Um die Vertraulichkeit zu gewährleisten, erfolgt eine Terminvereinbarung entweder telefonisch (0711/9574480) oder direkt in der Beratungsstelle (Rosenbergstraße 68, Stuttgart) und zwar von Montag bis Freitag zwischen 13.30 und 14.30 Uhr.

  • Wie lange dauert es, bis ich einen Termin bekomme?

In der Regel dauert es ungefähr zwei Wochen bis zum ersten Termin, je nach Auslastung kann es allerdings etwas kürzer oder länger dauern.

  • Was passiert nach dem Ersttermin?

Im besten Fall habt ihr erste Lösungsansätze erarbeitet und fühlt euch merklich erleichtert bzw. weniger belastet als zuvor. Wenn ein einziger Termin nicht reichen sollte, nehmt ihr mehrere Termine in Anspruch, um euch beispielsweise durch einen schwierigen Abschnitt hindurch begleiten zu lassen. Sollte sich jedoch im Verlauf des ersten Beratungsgesprächs bzw. nach mehreren Terminen herausstellen, dass eure Probleme (wesentlich) gravierender sind als gedacht, ersetzt die psychologische Beratung keine Therapie. Insofern – das solltet ihr stets bedenken – bietet die psychologische Beratung zunächst einmal eine erste Anlaufstelle für eure Probleme.

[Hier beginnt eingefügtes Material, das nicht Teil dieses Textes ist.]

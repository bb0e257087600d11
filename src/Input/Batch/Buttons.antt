-- ===== src/Input/Batch/Buttons.antt =====
-- What the batching loop of src/input.cpp does to the buttons of a controller.
use midnight_sun.Prelude.{◌≡◌, refl, arith, ap, ◌∙◌, List}
use midnight_sun.Prelude.Int.{eqb_ℤ-eq}
use midnight_sun.Input.Packet.{Limelight, MultiController, Packet, multi_controller}
use midnight_sun.Input.Batch.{batched, batch, batch_queue, batch_multi_controller}
use midnight_sun.Input.Batch.Keeps.{
  Interleaves, Folds, none_taken, one_more, batch_queue-Folds, AllTaken, map_result-batched,
}

module _ (li : Limelight) where
  -- The same controller, the same set of active controllers, and the same buttons.
  pub record SameButtons (d s : MultiController) : Type 0 where
    pub number : d.controller_number ≡ s.controller_number
    pub mask : d.active_gamepad_mask ≡ s.active_gamepad_mask
    pub buttons : d.button_flags ≡ s.button_flags
    pub buttons2 : d.button_flags2 ≡ s.button_flags2

  abbrev pub ReportsButtons : MultiController → Packet → Type 0
  ReportsButtons d q = (s : MultiController) × (q ≡ multi_controller s) × SameButtons d s

  batch_multi_controller-SameButtons :
      (d s m : MultiController) → batch_multi_controller d s ≡ batched m → (m ≡ s) × SameButtons d s
  unfolding batch_multi_controller
  batch_multi_controller-SameButtons d s m e = (
    ground arith,
    record {
      number = eqb_ℤ-eq d.controller_number s.controller_number (ground arith);
      mask = ground arith;
      buttons = ground arith;
      buttons2 = ground arith;
    },
  )

  batch-ReportsButtons :
      (d c : MultiController) (q merged : Packet)
      → SameButtons d c
      → batch li (multi_controller c) q ≡ batched merged
      → (s : MultiController) × (q ≡ multi_controller s)
        × (merged ≡ multi_controller s)
        × SameButtons d s
  unfolding batch
  batch-ReportsButtons d c (multi_controller s) merged k e =
      let (m, me, same) =
        map_result-batched multi_controller (batch_multi_controller c s) merged e in
      let (ms, b) = batch_multi_controller-SameButtons c s m me in
      (
        s,
        refl,
        same ∙ ap multi_controller ms,
        record {
          number = k.number ∙ b.number;
          mask = k.mask ∙ b.mask;
          buttons = k.buttons ∙ b.buttons;
          buttons2 = k.buttons2 ∙ b.buttons2;
        },
      )
  batch-ReportsButtons d c _ merged k e = absurd (cc)

  Folds-ReportsButtons :
      (d c : MultiController) {p sent : Packet} {qs : List Packet}
      → SameButtons d c
      → p ≡ multi_controller c
      → Folds li p qs sent
      → ReportsButtons d sent × AllTaken (ReportsButtons d) qs
  Folds-ReportsButtons d c k same none_taken = ((c, same, k), tt)
  Folds-ReportsButtons d c k same (one_more {p} {q} {merged} e f) =
      let (s, qs, ms, k') = batch-ReportsButtons d c q merged k (rw same at e) in
      let (sent, all) = Folds-ReportsButtons d s k' ms f in (sent, ((s, qs, k'), all))

  SameButtons-refl : (d : MultiController) → SameButtons d d
  SameButtons-refl d = record { number = refl; mask = refl; buttons = refl; buttons2 = refl }

  -- A controller report swallows only later reports of the same controller with the same buttons and the same
  -- active controllers, and what is sent in its place reports the same.
  pub batch_queue-buttons :
      (d : MultiController) (queue : List Packet)
      → let (sent, kept) = batch_queue li (multi_controller d) queue in
        (taken : List Packet) × Interleaves queue kept taken
        × ReportsButtons d sent
        × AllTaken (ReportsButtons d) taken
  batch_queue-buttons d queue =
      let (taken, split, folds) = batch_queue-Folds li (multi_controller d) queue in
      let (sent, all) = Folds-ReportsButtons d d (SameButtons-refl d) refl folds in
      (taken, split, sent, all)
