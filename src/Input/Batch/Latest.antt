-- ===== src/Input/Batch/Latest.antt =====
-- What the batching loop of src/input.cpp sends of the kinds that are not summed up.
use midnight_sun.Prelude.{Bool, true, false, ◌≡◌, refl, arith, ap, ◌∙◌, List, [], ◌∷◌}
use midnight_sun.Input.Packet.{
  Limelight, Packet, rel_mouse_move, abs_mouse_move, scroll, hscroll, multi_controller, touch, pen,
  controller_touch, controller_motion,
}
use midnight_sun.Input.Batch.{batched, batch, batch_queue}
use midnight_sun.Input.Batch.Keeps.{Interleaves, Folds, none_taken, one_more, batch_queue-Folds}

module _ (li : Limelight) where
  -- The kinds whose `batch` ends in `*dest = *src`.
  abbrev pub takes_latest : Packet → Bool
  takes_latest (rel_mouse_move m) = false
  takes_latest (scroll s) = false
  takes_latest (hscroll s) = false
  takes_latest _ = true

  abbrev pub last_of : Packet → List Packet → Packet
  last_of p [] = p
  last_of p (q ∷ qs) = last_of q qs

  batch-latest :
      (p q merged : Packet)
      → takes_latest p ≡ true
      → batch li p q ≡ batched merged
      → (merged ≡ q) × (takes_latest q ≡ true)
  unfolding batch
  batch-latest (abs_mouse_move d) (abs_mouse_move s) m t e = (ground arith, refl)
  batch-latest (multi_controller d) (multi_controller s) m t e = (ground arith, refl)
  batch-latest (touch d) (touch s) m t e = (ground arith, refl)
  batch-latest (pen d) (pen s) m t e = (ground arith, refl)
  batch-latest (controller_touch d) (controller_touch s) m t e = (ground arith, refl)
  batch-latest (controller_motion d) (controller_motion s) m t e = (ground arith, refl)
  batch-latest (rel_mouse_move d) (rel_mouse_move s) m t e = absurd (cc)
  batch-latest (scroll d) (scroll s) m t e = absurd (cc)
  batch-latest (hscroll d) (hscroll s) m t e = absurd (cc)
  batch-latest _ _ m t e = absurd (cc)

  Folds-latest :
      {p sent : Packet} {qs : List Packet}
      → takes_latest p ≡ true
      → Folds li p qs sent
      → sent ≡ last_of p qs
  Folds-latest t none_taken = refl
  Folds-latest t (one_more {p} {q} {merged} {sent} {qs} e f) =
      let (same, t') = batch-latest p q merged t e in
      Folds-latest (rw (← same) at t') f ∙ ap (λ x. last_of x qs) same

  -- Of the kinds that are not summed up, what is sent is the newest message taken, or the first one if
  -- none was taken.
  pub batch_queue-latest :
      (p : Packet) (queue : List Packet)
      → takes_latest p ≡ true
      → let (sent, kept) = batch_queue li p queue in
        (taken : List Packet) × Interleaves queue kept taken × (sent ≡ last_of p taken)
  batch_queue-latest p queue t =
      let (taken, split, folds) = batch_queue-Folds li p queue in
      (taken, split, Folds-latest t folds)
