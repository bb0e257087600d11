-- ===== src/Input/Batch/Overflow.antt =====
-- The overflow tests of the `batch` functions for moves and scrolls in src/input.cpp.
use midnight_sun.Prelude.{false, ◌≡◌, ◌≢◌, ◌⊎◌, inl, inr, refl, Bool-cases, ap, ◌∙◌, sym}
use midnight_sun.Prelude.Int.{ℤ, ◌+ℤ◌, fits16, Fits16, wrap16, wrap16-Fits16}
use midnight_sun.Input.Packet.{RelMouseMove, Scroll, HScroll}
use midnight_sun.Input.Batch.{
  batched, terminate_batch, batch_rel_mouse_move, batch_scroll, batch_hscroll,
}

-- A value that does not fit is not what 16 bits store of it.
wrap16-ne : (a : ℤ) → fits16 a ≡ false → wrap16 a ≢ a
wrap16-ne a h e = cc (sym h ∙ ap fits16 (sym e) ∙ wrap16-Fits16 a)

-- Two vertical scrolls become one only if their sum does not fit a `short`, and then the merged
-- amount is not the sum; where the sum fits, the batch ends.
pub batch_scroll_overflow :
    (dest src : Scroll)
    → let sum = dest.scroll_amt1 +ℤ src.scroll_amt1 in
      (Fits16 sum → batch_scroll dest src ≡ terminate_batch)
      × (¬ Fits16 sum
          → (merged : Scroll) × (batch_scroll dest src ≡ batched merged)
            × (merged.scroll_amt1 ≢ sum)
            × (merged.scroll_amt2 ≡ merged.scroll_amt1))
unfolding batch_scroll
batch_scroll_overflow dest src = elim (Bool-cases (fits16 (dest.scroll_amt1 +ℤ src.scroll_amt1))) [
  | inl e ↦ rw e ((λ _. refl), (λ n. absurd (n refl)))
  | inr e ↦ rw e (
    (λ t. cc),
    (λ _. (
      record dest {
        scroll_amt1 = wrap16 (dest.scroll_amt1 +ℤ src.scroll_amt1);
        scroll_amt2 = wrap16 (dest.scroll_amt1 +ℤ src.scroll_amt1);
      },
      refl,
      wrap16-ne _ e,
      refl,
    )),
  )
]

-- The same of two horizontal scrolls.
pub batch_hscroll_overflow :
    (dest src : HScroll)
    → let sum = dest.scroll_amount +ℤ src.scroll_amount in
      (Fits16 sum → batch_hscroll dest src ≡ terminate_batch)
      × (¬ Fits16 sum
          → (merged : HScroll) × (batch_hscroll dest src ≡ batched merged)
            × (merged.scroll_amount ≢ sum))
unfolding batch_hscroll
batch_hscroll_overflow dest src =
    elim (Bool-cases (fits16 (dest.scroll_amount +ℤ src.scroll_amount))) [
      | inl e ↦ rw e ((λ _. refl), (λ n. absurd (n refl)))
      | inr e ↦ rw e (
        (λ t. cc),
        (λ _. (
          record { scroll_amount = wrap16 (dest.scroll_amount +ℤ src.scroll_amount) },
          refl,
          wrap16-ne _ e,
        )),
      )
    ]

-- Two relative moves become one only if the sums of both coordinates overflow a `short`, and then
-- neither coordinate of the merged move is the sum; where either sum fits, the batch ends.
pub batch_rel_mouse_move_overflow :
    (dest src : RelMouseMove)
    → let x = dest.delta_x +ℤ src.delta_x in
      let y = dest.delta_y +ℤ src.delta_y in
      (Fits16 x ⊎ Fits16 y → batch_rel_mouse_move dest src ≡ terminate_batch)
      × (¬ Fits16 x
          → ¬ Fits16 y
          → (merged : RelMouseMove) × (batch_rel_mouse_move dest src ≡ batched merged)
            × (merged.delta_x ≢ x)
            × (merged.delta_y ≢ y))
unfolding batch_rel_mouse_move
batch_rel_mouse_move_overflow dest src = elim (Bool-cases (fits16 (dest.delta_x +ℤ src.delta_x))) [
  | inl ex ↦ rw ex ((λ _. refl), (λ n _. absurd (n refl)))
  | inr ex ↦ elim (Bool-cases (fits16 (dest.delta_y +ℤ src.delta_y))) [
    | inl ey ↦ rw (ex, ey) ((λ _. refl), (λ _ n. absurd (n refl)))
    | inr ey ↦
        rw (ex, ey)
          (
            (λ t. elim t [ inl u ↦ cc | inr u ↦ cc ]),
            (λ _ _. (
              record {
                delta_x = wrap16 (dest.delta_x +ℤ src.delta_x);
                delta_y = wrap16 (dest.delta_y +ℤ src.delta_y);
              },
              refl,
              wrap16-ne _ ex,
              wrap16-ne _ ey,
            )),
          )
  ]
]
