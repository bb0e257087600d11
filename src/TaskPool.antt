-- ===== src/TaskPool.antt =====
-- src/task_pool.h: the queue of immediate tasks and the sorted vector of timers, and the worker loop
-- of src/thread_pool.h. A `unique_ptr` to a task is `Ptr`: empty, or an address with what it runs.
-- The clock is an argument of each call that reads it, and the address of a new task is the
-- allocator's choice.
pub mod Order
pub mod Pop
pub mod Delay
pub mod Drain
mod Tests
use midnight_sun.Prelude.{
  ℕ, zero, suc, ◌+◌, Bool, true, false, ◌&&◌, ◌||◌, not, Option, none, some, List, [], ◌∷◌, ◌++◌,
  ltb, leb, ◌==◌, if◌then◌else◌, back?, pop_back,
}

-- `__task`, an owning pointer; the address 0 is the null pointer.
abbrev pub Ptr {ℓ} : Type ℓ → Type ℓ
Ptr T = Option (ℕ × T)

abbrev pub address {ℓ} : {T : Type ℓ} → Ptr T → ℕ
address none = 0
address (some (a, _)) = a

-- An entry of `_timer_tasks`.
pub record Timer {ℓ} (T : Type ℓ) : Type ℓ where
  pub time : ℕ
  pub task : Ptr T

pub record TaskPool {ℓ} (T : Type ℓ) : Type ℓ where
  pub tasks : List (Ptr T)
  pub timers : List (Timer T)

abbrev is_empty {ℓ} : {A : Type ℓ} → List A → Bool
is_empty [] = true
is_empty (x ∷ xs) = false

module _ {ℓ} {T : Type ℓ} where
  abbrev pub empty : TaskPool T
  empty = record { tasks = []; timers = [] }

  unfoldable pub push : TaskPool T → Ptr T → TaskPool T
  push p task = record p { tasks = p.tasks ++ (task ∷ []) }

  -- The loop to the first timer that is due earlier, and the `emplace` there.
  unfoldable pub insert_timer : Timer T → List (Timer T) → List (Timer T)
  insert_timer t [] = t ∷ []
  insert_timer t (x ∷ xs) = if ltb x.time t.time then t ∷ x ∷ xs else x ∷ insert_timer t xs

  unfoldable pub push_delayed : TaskPool T → Timer T → TaskPool T
  unfolding insert_timer
  push_delayed p t = record p { timers = insert_timer t p.timers }

  -- The overload that builds the task and returns its id.
  unfoldable pub push_delayed_after : TaskPool T → (now duration addr : ℕ) → T → TaskPool T × ℕ
  unfolding push_delayed
  push_delayed_after p now duration addr f =
      (push_delayed p (record { time = now + duration; task = some (addr, f) }), addr)

  -- The vector up to the first entry with this id, in reverse, that entry, and what follows it.
  unfoldable pub split_at :
      ℕ → List (Timer T) → List (Timer T) → Option (List (Timer T) × Timer T × List (Timer T))
  split_at id before [] = none
  split_at id before (x ∷ xs) =
      if address x.task == id then some (before, x, xs) else split_at id (x ∷ before) xs

  -- The `while` of `delay`: at each step `*it` and `*prev` are swapped if `*it` is the later one.
  unfoldable pub bubble : Timer T → List (Timer T) → List (Timer T) → List (Timer T)
  bubble it [] after = it ∷ after
  bubble it (prev ∷ before) after =
      bubble (if ltb prev.time it.time then it else prev) before
        ((if ltb prev.time it.time then prev else it) ∷ after)

  unfoldable pub delay : TaskPool T → (id now duration : ℕ) → TaskPool T
  unfolding split_at bubble
  delay p id now duration = elim (split_at id [] p.timers) [
    | none ↦ p
    | some (before, it, after) ↦ record p {
      timers = bubble (record it { time = now + duration }) before after;
    }
  ]

  -- The first entry with this id goes.
  unfoldable pub erase_timer : ℕ → List (Timer T) → List (Timer T)
  erase_timer id [] = []
  erase_timer id (x ∷ xs) = if address x.task == id then xs else x ∷ erase_timer id xs

  unfoldable pub has_timer : ℕ → List (Timer T) → Bool
  has_timer id [] = false
  has_timer id (x ∷ xs) = address x.task == id || has_timer id xs

  unfoldable pub cancel : TaskPool T → ℕ → TaskPool T × Bool
  unfolding erase_timer has_timer
  cancel p id =
      if has_timer id p.timers
      then (record p { timers = erase_timer id p.timers }, true)
      else (p, false)

  -- `std::move(*pos)`: the entry stays, with a null pointer.
  unfoldable pub move_out : ℕ → List (Timer T) → List (Timer T)
  move_out id [] = []
  move_out id (x ∷ xs) =
      if address x.task == id then record x { task = none } ∷ xs else x ∷ move_out id xs

  unfoldable pub pop_id : TaskPool T → ℕ → TaskPool T × Option (Timer T)
  unfolding split_at move_out
  pop_id p id = elim (split_at id [] p.timers) [
    | none ↦ (p, none)
    | some (before, pos, after) ↦ (record p { timers = move_out id p.timers }, some pos)
  ]

  unfoldable pub pop_timer : TaskPool T → ℕ → TaskPool T × Option (Ptr T)
  pop_timer p now = elim (back? p.timers) [
    | none ↦ (p, none)
    | some t ↦
        if leb t.time now then (record p { timers = pop_back p.timers }, some t.task) else (p, none)
  ]

  unfoldable pub pop_from : TaskPool T → List (Ptr T) → ℕ → TaskPool T × Option (Ptr T)
  unfolding pop_timer
  pop_from p [] now = pop_timer p now
  pop_from p (task ∷ rest) now = (record p { tasks = rest }, some task)

  unfoldable pub pop : TaskPool T → ℕ → TaskPool T × Option (Ptr T)
  unfolding pop_from
  pop p now = pop_from p p.tasks now

  abbrev timer_due : List (Timer T) → ℕ → Bool
  timer_due ts now = elim (back? ts) [ none ↦ false | some t ↦ leb t.time now ]

  unfoldable pub ready : TaskPool T → ℕ → Bool
  ready p now = not (is_empty p.tasks) || timer_due p.timers now

  unfoldable pub next : TaskPool T → Option ℕ
  next p = elim (back? p.timers) [ none ↦ none | some t ↦ some t.time ]

  -- `_main` runs each task that `pop` returns until it returns none, at a clock that stands still;
  -- the result lists the pointers that were run. `none` in a place is a null pointer.
  unfoldable pub run_popped :
      (TaskPool T → TaskPool T × List (Ptr T))
      → TaskPool T × Option (Ptr T)
      → TaskPool T × List (Ptr T)
  run_popped again (q, none) = (q, [])
  run_popped again (q, some task) = let (r, ran) = again q in (r, task ∷ ran)

  -- The tasks that run are recorded: they push and delay nothing, and the clock stands still.
  unfoldable pub run_ready : ℕ → TaskPool T → ℕ → TaskPool T × List (Ptr T)
  unfolding run_popped
  run_ready zero p now = (p, [])
  run_ready (suc fuel) p now = run_popped (λ q. run_ready fuel q now) (pop p now)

  • Bin ich die oder der Einzige, die oder der sich beraten lässt?

Nein, das seid ihr mit Sicherheit nicht. Es reden nur die wenigsten offen darüber, eben weil sie sich vor negativen Konsequenzen fürchten oder nicht öffentlich eingestehen wollen, in einer Notlage zu stecken. Das heißt aber nicht, dass ihr mit euren Problemen – welcher Art auch immer – alleine dasteht.

Weitere Adressen zu psychologischen Beratungsstellen, die ihr als Studierende nutzen könnt, findet ihr unter diesem Link.

Ich wünsche euch zum einen alles Gute und zum anderen den Mut, euch bei Bedarf Hilfe zu suchen!

Romy

Dipl.-Psychologin Petra Kucher-Sturm beantwortet in diesem Video 3 Fragen:

 

 

3 thoughts on “Sorgen im Studium: Die psychologische Beratung an der Universität Stuttgart

  1. Auch wir freuen uns sehr über den Beitrag im Uni-Blog und die Bekanntmachungen unserer psychotherapeutischen Beratung. Da wir im Artikel nicht erwähnt werden, möchten wir an dieser jedoch explizit darauf hinweisen, dass die Beratung wirklich allen Studierenden in Stuttgart, Esslingen, Göppingen, Ludwigsburg offen steht!

    Unsere Diplom-Psychologen Frau Kucher-Sturm und Herr Sturm helfen kompetent, kostenfrei und absolut vertraulich weiter.

    http://www.studierendenwerk-stuttgart.de/psychotherapeutische-beratung

    Vielen Dank trotzdem für den schönen Bericht und liebe Grüße

    Melanie Westphal
    Studierendenwerk Stuttgart

    1. Romy sagt:

      Sehr geehrte Frau Westphal,

      vielen Dank noch einmal für diesen hilfreichen Hinweis, dass die Beratung allen Studierenden in Stuttgart, Esslingen, Göppingen und Ludwigsburg zusteht! Das ist in der Tat eine wichtige Ergänzung, für die ich mich (im Namen aller Studierenden) herzlich bedanke.